Downloading shards: 100%|██████████| 2/2 [09:23<00:00, 281.85s/it]
Loading checkpoint shards: 100%|██████████| 2/2 [00:02<00:00,  1.34s/it]
Device set to use cuda:0


In [21]:
def generate_questions(conversation_type,num_questions,output_file):

    if conversation_type=='conversational':
        system_prompt=""" You are a helpful assistant that generates diverse , realistic conversational questions. These questions should be the type of questions people might ask
        each other in their everyday conversations . Do NOT include any answers. Only generate questions. Generate questions of varying length and complexity.

        Here are some examples:
        - How was your weekend?
        - What are you working on today?
        - Have you seen any good movies lately?
        - what is your favourite restaurant?
        - Do you have any plans for the holidays?
        """
    elif conversation_type=='coding':
        system_prompt=""" You are a helpful assistants that generates coding questions. These questions should be diverse and must cover a range of programming topics , languages
        (Python, JavaScript, Java, C, C++, etc. ). Do NOT generate any solutions or answers. Only generate the questions.
        
        Here are some examples:
        - How do you reverse a list in python?
        - Can you explain how recursion works?
        - How do I debug a segmentation fault in C++?
        - What is the best way to handle asynchronous operations in JavaScript?
        - What's the difference between an interface and an abstract class in Java?
        """
    
    elif conversation_type=='help':
        system_prompt="""You are a helpful assistant that generates questions that someone might ask when they need help with a task or problem. These should cover a variety of domains (e.g., tech support, cooking, home repair, travel planning).
        Do NOT include any answers.  Only generate the question. Be specific.
        
        Here are some examples:
        - My printer isn't working. What should I do?
        - How can I bake a cake?
        - How do I reset my Wi-Fi router?
        - I'm planning a trip to Japan. What are the must-see places?
        - How do I reset my PC?
        """

    else:
        raise ValueError(f'Invalid conversational type given : {conversation_type}')
    
    write_header= not os.path.exists(output_file)
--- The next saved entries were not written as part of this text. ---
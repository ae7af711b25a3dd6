-- ===== src/Orchestrate/Agent.antt =====
-- `AgentBuilder` and `Agent` of funera-orchestrate/src/agent.rs, the handles of send_handle.rs, and
-- `FuneraSession::react_loop` of funera_core/src/chat/session.rs. What the spawned task does is done at
-- once; `wait` takes what the task's end and the receiver give it.
use funera.Prelude.{
  [], ◌∷◌, ◌++◌, true, false, none, some, if◌then◌else◌, List, Option, Bool, ℕ, String, map,
}
use mathlib.Core.Option
use funera.Json.{JsonOps}
use funera.Events.{Result, ok, err, FinishReason}
use funera.Chat.Message.{FuneraMessage, Role, MsgVariant}
use funera.Chat.Session.{push_messages, clear}
use funera.Chat.Session
use funera.Env.Actor.{EnvStateEvent, session_start, session_closed}
use funera.Middleware.{MiddlewareChain}
use funera.ReAct.Loop.{Loop, Turn, Wiring}
use funera.ReAct.Loop
use funera.Orchestrate.Event.{
  AgentEvent, agent_events, text, tool_call_request, tool_call_result, turn_start, turn_end, done,
}
use funera.Orchestrate.Dispatcher.{CallbackRegistry, Received, event, lagged, closed, dispatch}
use funera.Orchestrate.Dispatcher
use funera.Orchestrate.Response.{ChatResponse, aggregate_from_broadcast}
pub mod Laws
pub mod Prompt

pub record Agent (Json World : Type 0) : Type 0 where
  pub system_prompt : Option String
  pub callbacks : CallbackRegistry Json World

-- the builder has the same fields, and `build` passes them on
module _ {Json World : Type 0} where
  abbrev pub new : Agent Json World
  new = record { system_prompt = none; callbacks = [] }

  abbrev pub system_prompt : String → Agent Json World → Agent Json World
  system_prompt prompt a = record a { system_prompt = some prompt }

  abbrev pub on_event : (AgentEvent Json → World → World) → Agent Json World → Agent Json World
  on_event f a = record a { callbacks = Dispatcher.add f a.callbacks }

  abbrev pub if_text : (String → World → World) → AgentEvent Json → World → World
  if_text f (text t) world = f t world
  if_text f _ world = world

  abbrev pub on_token : (String → World → World) → Agent Json World → Agent Json World
  on_token f = on_event (if_text f)

  abbrev if_tool_call : (String → Json → World → World) → AgentEvent Json → World → World
  if_tool_call f (tool_call_request index call_id name args) world = f name args world
  if_tool_call f _ world = world

  abbrev pub on_tool_call : (String → Json → World → World) → Agent Json World → Agent Json World
  on_tool_call f = on_event (if_tool_call f)

  abbrev if_tool_result :
      (String → Result String String → World → World) → AgentEvent Json → World → World
  if_tool_result f (tool_call_result call_id name result) world = f name result world
  if_tool_result f _ world = world

  abbrev pub on_tool_result :
      (String → Result String String → World → World) → Agent Json World → Agent Json World
  on_tool_result f = on_event (if_tool_result f)

  abbrev if_turn_start : (World → World) → AgentEvent Json → World → World
  if_turn_start f turn_start world = f world
  if_turn_start f _ world = world

  abbrev pub on_turn_start : (World → World) → Agent Json World → Agent Json World
  on_turn_start f = on_event (if_turn_start f)

  abbrev if_turn_end : (World → World) → AgentEvent Json → World → World
  if_turn_end f (turn_end reason usage) world = f world
  if_turn_end f _ world = world

  abbrev pub on_turn_end : (World → World) → Agent Json World → Agent Json World
  on_turn_end f = on_event (if_turn_end f)

  -- the closure of `build_event_sender`: the callbacks, then the broadcast
  unfoldable pub build_event_sender :
      CallbackRegistry Json World
      → AgentEvent Json
      → World × List (AgentEvent Json)
      → World × List (AgentEvent Json)
  build_event_sender callbacks e (world, event_tx) =
      (dispatch callbacks e world, event_tx ++ e ∷ [])

module _ {Json : Type 0} where
  -- The task that feeds the stream of a call: `while let Ok(event)`, until `Done` has been passed on.
  unfoldable pub relay_broadcast_to_mpsc :
      List (Received (AgentEvent Json)) → List (AgentEvent Json)
  relay_broadcast_to_mpsc [] = []
  relay_broadcast_to_mpsc (event done ∷ rest) = done ∷ []
  relay_broadcast_to_mpsc (event e ∷ rest) = e ∷ relay_broadcast_to_mpsc rest
  relay_broadcast_to_mpsc (lagged ∷ rest) = []
  relay_broadcast_to_mpsc (closed ∷ rest) = []

  abbrev pub text_message : Role → String → FuneraMessage Json
  text_message role content = record {
    role = role;
    msg_variant = MsgVariant.text (record { text = content; reasoning_content = none });
  }

-- one call, and what the world does in it
pub record Call (Json : Type 0) : Type 0 where
  pub message : String
  pub max_iterations : ℕ
  pub middleware : Option (MiddlewareChain (AgentEvent Json))
  pub turns : ℕ → Turn Json

-- what a call leaves behind: the loop's writes, its error, and what is sent on the env-state bus
pub record Called (Json : Type 0) : Type 0 where
  pub loop : Loop Json (AgentEvent Json)
  pub failure : Option String
  pub env_events : List EnvStateEvent

module _ {Json : Type 0} where
  abbrev pub wiring : Call Json → Wiring (AgentEvent Json)
  wiring c = record { middleware = c.middleware; event_sender = true; session_tx = true }

  abbrev pub at_session : List (FuneraMessage Json) → Loop Json (AgentEvent Json)
  at_session msgs = record { session = msgs; emitted = []; react = []; requests = []; errors = [] }

module _ {Json : Type 0} (json : JsonOps Json) (debug : FinishReason → String) where
  abbrev pub push_message :
      FuneraMessage Json → List (FuneraMessage Json) → List (FuneraMessage Json)
  push_message m msgs = (Session.handle json msgs (push_messages (m ∷ []))).0

  -- `loop_handle.task.await??`, and `SessionClosed` if the loop succeeds
  abbrev pub close_session : Loop Json (AgentEvent Json) × Option String → Called Json
  close_session (l, none) = record {
    loop = l;
    failure = none;
    env_events = session_start ∷ session_closed ∷ [];
  }
  close_session (l, some e) = record { loop = l; failure = some e; env_events = session_start ∷ [] }

  unfoldable pub react_loop :
      FuneraMessage Json → Call Json → List (FuneraMessage Json) → Called Json
  react_loop init_msg c msgs = close_session (
      Loop.run json agent_events debug (wiring c) c.max_iterations c.turns
        (at_session (push_message init_msg msgs)))

  abbrev push_system : Option String → List (FuneraMessage Json) → List (FuneraMessage Json)
  push_system none msgs = msgs
  push_system (some sys) msgs = push_message (text_message Role.system sys) msgs

  -- the check of `send`, which finds out by the context
  abbrev push_system_once : Option String → List (FuneraMessage Json) → List (FuneraMessage Json)
  push_system_once none msgs = msgs
  push_system_once (some sys) [] = push_message (text_message Role.system sys) []
  push_system_once (some sys) (m ∷ msgs) = m ∷ msgs

  abbrev start : Called Json → Called Json
  start called = record called { env_events = session_start ∷ called.env_events }

  -- a session of its own, which is dropped with the call
  unfoldable pub fire : Option String → Call Json → Called Json
  fire system_prompt c =
      start (react_loop (text_message Role.user c.message) c (push_system system_prompt []))

  -- the runtime's session, with what the earlier calls have left in it
  unfoldable pub send : Option String → Call Json → List (FuneraMessage Json) → Called Json
  send system_prompt c msgs =
      start (react_loop (text_message Role.user c.message) c (push_system_once system_prompt msgs))

  -- `AgentRuntime::reset`
  unfoldable pub reset : List (FuneraMessage Json) → List (FuneraMessage Json)
  reset msgs = (Session.handle json msgs clear).0

-- funera-orchestrate/src/error.rs
pub data OrchestrateError : Type 0 where
  config session llm : String → OrchestrateError
  cancelled : OrchestrateError

-- the end of the spawned task: it was aborted, or the loop has ended
pub data Joined : Type 0 where
  aborted : Joined
  ended : Option String → Joined

module _ {Json : Type 0} where
  abbrev answered :
      Bool
      → List (Received (AgentEvent Json))
      → Option (Result (ChatResponse Json) OrchestrateError)
  answered true event_rx = some (err cancelled)
  answered false event_rx = Option.map (λ r. ok r) (aggregate_from_broadcast event_rx)

  -- `wait` of every handle, with what it sends on the env-state bus; it does not return while the
  -- receiver waits
  unfoldable pub wait :
      Joined
      → Bool
      → List (Received (AgentEvent Json))
      → List EnvStateEvent × Option (Result (ChatResponse Json) OrchestrateError)
  wait aborted is_cancelled event_rx = ([], some (err cancelled))
  wait (ended (some e)) is_cancelled event_rx = ([], some (err (session e)))
  wait (ended none) is_cancelled event_rx = (session_closed ∷ [], answered is_cancelled event_rx)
    for i in tqdm(range(num_questions),desc=f'Generating {conversation_type} Questions',total=num_questions):
        message=[{"role":"system","content":system_prompt},
                 {"role":"user","content":"Generate a question."}]
        
        try:
            output=pipe(message,max_new_tokens=50,do_sample=True,top_p=1.0,temperature=1.0,return_full_text=False)[0]
            question = output['generated_text'].strip()

            new_row_df = pd.DataFrame({'conversational_type':conversation_type,'question':question},index=[0])

            new_row_df.to_csv(output_file,mode='a',header=write_header,index=False)

            write_header=False
        except Exception as e:
            print(f'Error generating question {i+1}: {e}')
        
    print(f'Generated {conversation_type} questions of size {num_questions} to {output_file}')

In [None]:
generate_questions(conversation_type='conversational',num_questions=5000,output_file='data/conversational_questions.csv')

Generating conversational Questions: 100%|██████████| 5000/5000 [1:12:16<00:00,  1.15it/s]

Generated conversational questions of size 5000 to conversational_data/conversational_questions.csv





In [None]:
generate_questions(conversation_type='coding',num_questions=5000,output_file='data/coding_questions.csv')

Generating coding Questions: 100%|██████████| 5000/5000 [1:40:12<00:00,  1.20s/it]

Generated coding questions of size 5000 to conversational_data/coding_questions.csv





In [None]:
generate_questions(conversation_type='help',num_questions=5000,output_file='data/help_questions.csv')

Generating help Questions: 100%|██████████| 5000/5000 [1:17:19<00:00,  1.08it/s]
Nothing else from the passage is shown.